[Saved data entries]
.....

-- ===== src/Client/Store/Migrate.antt =====
-- `migrate`, `create` and `has_table` of rust/crates/clickman/src/store.rs, which run
-- protocol/queue.sql and protocol/queue-upgrade.sql on a file of any format.
use clickman.Base.{ℕ, zero, suc, ◌≡◌, refl, Option, none, some, List, [], ◌∷◌, arith, if◌then◌else◌}
use clickman.Base.Int.{ℤ, pos, negsuc}
use clickman.Base.Text.{Text, text, text_eq}
use clickman.Client.Error.{Result, ok, err, newer_store, unknown_store}
use clickman.Client.Store.{Row, Identity, Database, anonymous}

-- The table `state` of a format 0 store of the 0.1 core, by key.
abbrev pub State : Type 0
State = List (Text × Text)

-- What the file holds; `none` is a table, or the row of `identity`, that is not there.
pub record File : Type 0 where
  pub user_version : ℤ
  pub events : Option (List Row × ℕ)
  pub identity : Option Identity
  pub state : Option State

abbrev pub format : ℤ
format = pos 1

unfoldable pub value_for : Text → State → Option Text
value_for key [] = none
value_for key ((k, v) ∷ rest) = if text_eq k key then some v else value_for key rest

abbrev pub coalesce {ℓ} : {A : Type ℓ} → Option A → A → A
coalesce none a = a
coalesce (some b) a = b

-- protocol/queue.sql
unfoldable pub create_tables : File → File
create_tables file = record file {
  events = some (coalesce file.events ([], 0));
  identity = some (coalesce file.identity anonymous);
}

-- protocol/queue-upgrade.sql, whose UPDATE leaves the row's other columns none
abbrev pub upgraded : State → Identity
upgraded state = record {
  external_id = coalesce (value_for (text "external_id") state) (text "*");
  traits = coalesce (value_for (text "traits") state) (text "{}");
  app_version = value_for (text "app_version") state;
  app_build = value_for (text "app_build") state;
}

unfoldable pub upgrade : State → File → File
upgrade state file = record file { identity = some (upgraded state); state = none }

unfoldable pub create : File → File
unfolding create_tables upgrade
create file =
    let created = create_tables file in
    let adopted : File = elim file.state [ none ↦ created | some state ↦ upgrade state created ] in
    record adopted { user_version = format }

-- The match on the format.
unfoldable pub migrate_from : ℤ → File → Result File
unfolding create
migrate_from (pos zero) file = ok (create file)
migrate_from (pos (suc zero)) file = ok file
migrate_from (pos (suc (suc n))) file = err (newer_store (pos (suc (suc n))))
migrate_from (negsuc n) file = err (unknown_store (negsuc n))

unfoldable pub migrate : File → Result File
unfolding migrate_from
migrate file = migrate_from file.user_version file

-- The open store, if the file has its tables.
unfoldable pub opened : File → Option Database
opened file = elim file.events [
  | none ↦ none
  | some (events, sequence) ↦ elim file.identity [
    | none ↦ none
    | some identity ↦ some (record { events = events; sequence = sequence; identity = identity })
  ]
]

migrate_from-format :
    (v : ℤ) (file file' : File)
    → file.user_version ≡ v
    → migrate_from v file ≡ ok file'
    → file'.user_version ≡ format
unfolding migrate_from
migrate_from-format (pos zero) file file' e h = ground arith
migrate_from-format (pos (suc zero)) file file' e h = ground arith
migrate_from-format (pos (suc (suc n))) file file' e h = cc
migrate_from-format (negsuc n) file file' e h = cc

-- A file that was migrated is in the current format, and opening it again changes nothing.
pub migrate-migrate :
    (file file' : File)
    → migrate file ≡ ok file'
    → (file'.user_version ≡ format) × (migrate file' ≡ ok file')
unfolding migrate
migrate-migrate file file' h =
    let e = migrate_from-format file.user_version file file' refl h in
    (e, rw e (unfold migrate_from in refl))

-- Whom the events of an adopted store are about: what the old table says, with the defaults.
abbrev pub adopted_identity : File → Identity
adopted_identity file = elim file.state [
  | none ↦
      coalesce file.identity (record {
        external_id = text "*";
        traits = text "{}";
        app_version = none;
        app_build = none;
      })
  | some state ↦ record {
    external_id = elim (value_for (text "external_id") state) [ none ↦ text "*" | some s ↦ s ];
    traits = elim (value_for (text "traits") state) [ none ↦ text "{}" | some s ↦ s ];
    app_version = value_for (text "app_version") state;
    app_build = value_for (text "app_build") state;
  }
]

.....

| Exercise |
What is the number of lines above that contain the word "sequence"? Answer with that number only.

| Answer |
2